I had passport photos for a baby taken in fuji in Dundrum shopping centre. It took a while but we got them eventually.  THe guy was well aware of what the rules are amd just kept taking pictures while I kept the baby looking at me until we got one we were happy with.  There is no magic to it, just an awareness of what you need, a digital camera and lots of patience.


----------



## breakdabank (18 Aug 2009)

Do you have a digital camera? Then you can save yourself some hassle and money and take the passport photo yourself.

The guidelines for passport photos are available from the Passport Office at http://www.dfa.ie/uploads/documents/photographer%20guidelines%2010oct.pdf.

As long as you follow the guidelines (a regular mistake is not having a neutral background) you'll be fine. Remember to take the photo portrait-style.

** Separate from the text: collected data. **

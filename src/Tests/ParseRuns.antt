-- ===== src/Tests/ParseRuns.antt =====
-- Files that are parsed again with more memory.
use bmd.Prelude.{
  ◌+◌, ◌++◌, Str, sym, ◌≡◌, refl, inl, true, false, none, some, List, [], ◌∷◌, codes, arith, ltb,
  length, if◌then◌else◌,
}
use mathlib.Core.List.{append-nil}
use bmd.Parser.Sections.{CfSection}
use bmd.Parser.Mpool.{Mpool, mperr_alloc, mpool_snapshot, new_block, mpool_get_error}
use bmd.Parser.Files.{ParserContext, Child, exited, FileEnv, child}
use bmd.Parser.Parse.{fault, at_file, parse}
use bmd.Parser.Parse.EmptyList.{parse_fault}
use bmd.Parser.Parse.Lists.{AreRepeated, AreRepeated-refl, IsSeeded, Extends}
use bmd.Parser.Parse.Memory.{IsAllocator, Suffices}
use bmd.Parser.Parse.Retry.{IsRetried, parse-IsRetried}
use bmd.Tests.LoadRuns.{no_files, global_section, base_template, vm_section}

abbrev first_context : ParserContext
first_context = record {
  cfglobals = [];
  cftemplates = [];
  cfvms = [];
  cffiles = codes "/usr/local/etc/bmd.conf" ∷ [];
  cur_file = none;
}

abbrev short_pool : List Mpool
short_pool = record (new_block 4096) { error_number = mperr_alloc } ∷ []

parse_fault_example :
    parse no_files
      (codes "/usr/local/etc/bmd.conf")
      first_context
      (new_block 4096 ∷ [])
      (some 300000 ∷ [])
    ≡ fault
unfolding mpool_get_error
parse_fault_example =
    parse_fault no_files (codes "/usr/local/etc/bmd.conf") first_context
      (at_file (codes "/usr/local/etc/bmd.conf") first_context) (new_block 4096 ∷ []) short_pool
      (some 300000 ∷ []) (inl refl) refl (unfold child in refl) refl

-- A parser that needs two blocks, and leaves the error in the first one.
mark_short : List Mpool → List Mpool
mark_short [] = []
mark_short (m ∷ ms) = record m { error_number = mperr_alloc } ∷ ms

-- A machine of the first one's name is entered, and counts there.
again_vms : List CfSection → List CfSection
again_vms [] = []
again_vms (v ∷ vs) = record v { duplicate = v.duplicate + 1 } ∷ (vs ++ vm_section ∷ [])

two_blocks : ParserContext → List Mpool → Child
unfolding mark_short again_vms
two_blocks ctx pools =
    if ltb (length pools) 2
    then exited true (record ctx { cfvms = again_vms ctx.cfvms }) (mark_short pools)
    else exited false ctx pools

abbrev two_files : FileEnv
unfolding two_blocks
two_files = record no_files { yyparse = λ f ctx pools. two_blocks ctx pools }

abbrev full_context : ParserContext
full_context = record {
  cfglobals = global_section 0 (codes "/tmp/y") ∷ [];
  cftemplates = base_template ∷ [];
  cfvms = vm_section ∷ [];
  cffiles = codes "/usr/local/etc/bmd.conf" ∷ [];
  cur_file = none;
}

abbrev conf_path : Str
conf_path = codes "/usr/local/etc/bmd.conf"

again_vms-AreRepeated :
    (vs : List CfSection)
    → (kept : List CfSection) × (more : List CfSection) × AreRepeated vs kept
      × (again_vms vs ≡ kept ++ more)
unfolding again_vms
again_vms-AreRepeated [] = ([], [], tt, refl)
again_vms-AreRepeated (v ∷ vs) = (
  record v { duplicate = v.duplicate + 1 } ∷ vs,
  vm_section ∷ [],
  ((refl, omega arith), AreRepeated-refl vs),
  refl,
)

again-Extends :
    (start : ParserContext)
    → Extends start (record (at_file conf_path start) { cfvms = again_vms start.cfvms })
again-Extends start = record {
  globals = ([], sym (append-nil start.cfglobals));
  templates = (
    start.cftemplates,
    [],
    AreRepeated-refl start.cftemplates,
    sym (append-nil start.cftemplates),
  );
  vms = again_vms-AreRepeated start.cfvms;
  files = ([], sym (append-nil start.cffiles));
}

two_files-IsAllocator : IsAllocator two_files conf_path full_context
unfolding two_blocks mark_short
two_files-IsAllocator start now [] left agree run =
    let l : left ≡ [] = cc run in
    let n : now ≡ record (at_file conf_path start) { cfvms = again_vms start.cfvms } = cc run in
    rw l (rw n (tt, again-Extends start))
two_files-IsAllocator start now (m ∷ []) left agree run =
    let l : left ≡ record m { error_number = mperr_alloc } ∷ [] = cc run in
    let n : now ≡ record (at_file conf_path start) { cfvms = again_vms start.cfvms } = cc run in
    rw l (rw n (((refl, refl, refl), tt), again-Extends start))
two_files-IsAllocator start now (m ∷ n ∷ ms) left agree run = ground (arith, run)

two_files-Suffices : Suffices two_files conf_path full_context 2
unfolding two_blocks
two_files-Suffices start now pools left agree enough run = ground (arith, run)

full_context-IsSeeded : IsSeeded full_context
full_context-IsSeeded = record {
  globals = λ e. cc e;
  templates = λ e. cc e;
  vms = λ e. cc e;
  files = λ e. cc e;
}

parse-IsRetried_example :
    IsRetried two_files
      (codes "/usr/local/etc/bmd.conf")
      full_context
      (mpool_snapshot (new_block 4096 ∷ []))
      (some 300000 ∷ [])
      (parse two_files
        (codes "/usr/local/etc/bmd.conf")
        full_context
        (new_block 4096 ∷ [])
        (some 300000 ∷ []))
parse-IsRetried_example =
    parse-IsRetried two_files (codes "/usr/local/etc/bmd.conf") full_context (new_block 4096 ∷ [])
      (some 300000 ∷ []) 2 full_context-IsSeeded two_files-IsAllocator two_files-Suffices
      (omega arith, tt) (omega arith)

You can then get the photo printed passport-size through online sites like Spectra or regular photo developers.


----------



## Galwaygirl (18 Aug 2009)

The chemist who took my passport pic had a camera which had the sizing on the display (no idea if it was a special camera or a piece of software), she showed it to me to 'prove' the sizing was correct and I made the call on the expression!  I asked how they did small babies given the requirements and they said they put them in their car seats with a white sheet beneath them. Maybe this would work with a buggy for a slightly older toddler.


----------



## Ron Burgundy (19 Aug 2009)

breakdabank said:


> Do you have a digital camera? Then you can save yourself some hassle and money and take the passport photo yourself.
> 
> The guidelines for passport photos are available from the Passport Office at http://www.dfa.ie/uploads/documents. /photograph%20guidelines.pdf.
> 
> ...


 
Wouldn't do this until you have a good quality paper. When the photos are scanned in the passport office there are a lot of problems with the quality of paper used when people print at home.

This can lead to returns......

Best way to take the toddlers photos is to lie them on a sheet and go from there........


----------



## DrMoriarty (19 Aug 2009)

You can have them checked, printed and delivered for €5.99 here. Or print them yourself for free.

No connection.


----------



## Ron Burgundy (19 Aug 2009)

DrMoriarty said:


> You can get them done online for €5.99 here. *Or print them yourself for free*.


 
But be careful with the paper quality !!!!


----------



## june (19 Aug 2009)

I got this done yesterday with my three children. ( Limerick ) Went to a good chemist. They were well aware of the requirements for passport photos and had the camera set up for taking them specifically. Head had to be in the exact place, chin touching another line on the screen etc. No smiling, giggling or thumping your brother! Great quality. Professional service. They gave the kids lollipops and it was a bit of fun. I was really glad I did not try to do them in a photo booth. Good luck with it


----------



## tallpaul (20 Aug 2009)

Did this myself with our little lad recently. Propped him up against a white wall and took about thirty pictures using continuous shooting on my camera. Picked the photo I was most happy with and then cropped the images with photo software to the correct size. However to print the photo I brought the picture up to my local chemist. One of the print settings is for passport photos. Done.


----------



## BONDGIRL (21 Aug 2009)

i got in local chemist for my son.. they were very good. It took ages to get a good picture, he kept smiling , god it was a great kodac moment only hes not allowed to smile!  I think he kept smiling as I had him trained to smile for my camera, I might add he was only 5 mths LOL


----------



## pahadia (21 Aug 2009)

I got my 3 months old son photograph taken in camera shop opposite  to Spire of Dublin.


----------



## EamonnOB (21 Aug 2009)

Have you tried Photogenic in Dalkey - Barry is fantastic with kids.


----------



## mts (27 Aug 2009)

Thanks everyone. Got them done in Fuji on the 3rd floor of Dundrum shopping centre. Not really ideal for small children as they only have a white roller blind hanging which doesn't reach the ground and my 1 year old wasn't tall enough for it to be behind her. As they did not have a white blanket, I had to hold her up to the blind.

Anyway, applications gone in the post so hopefully they will be accepted.


----------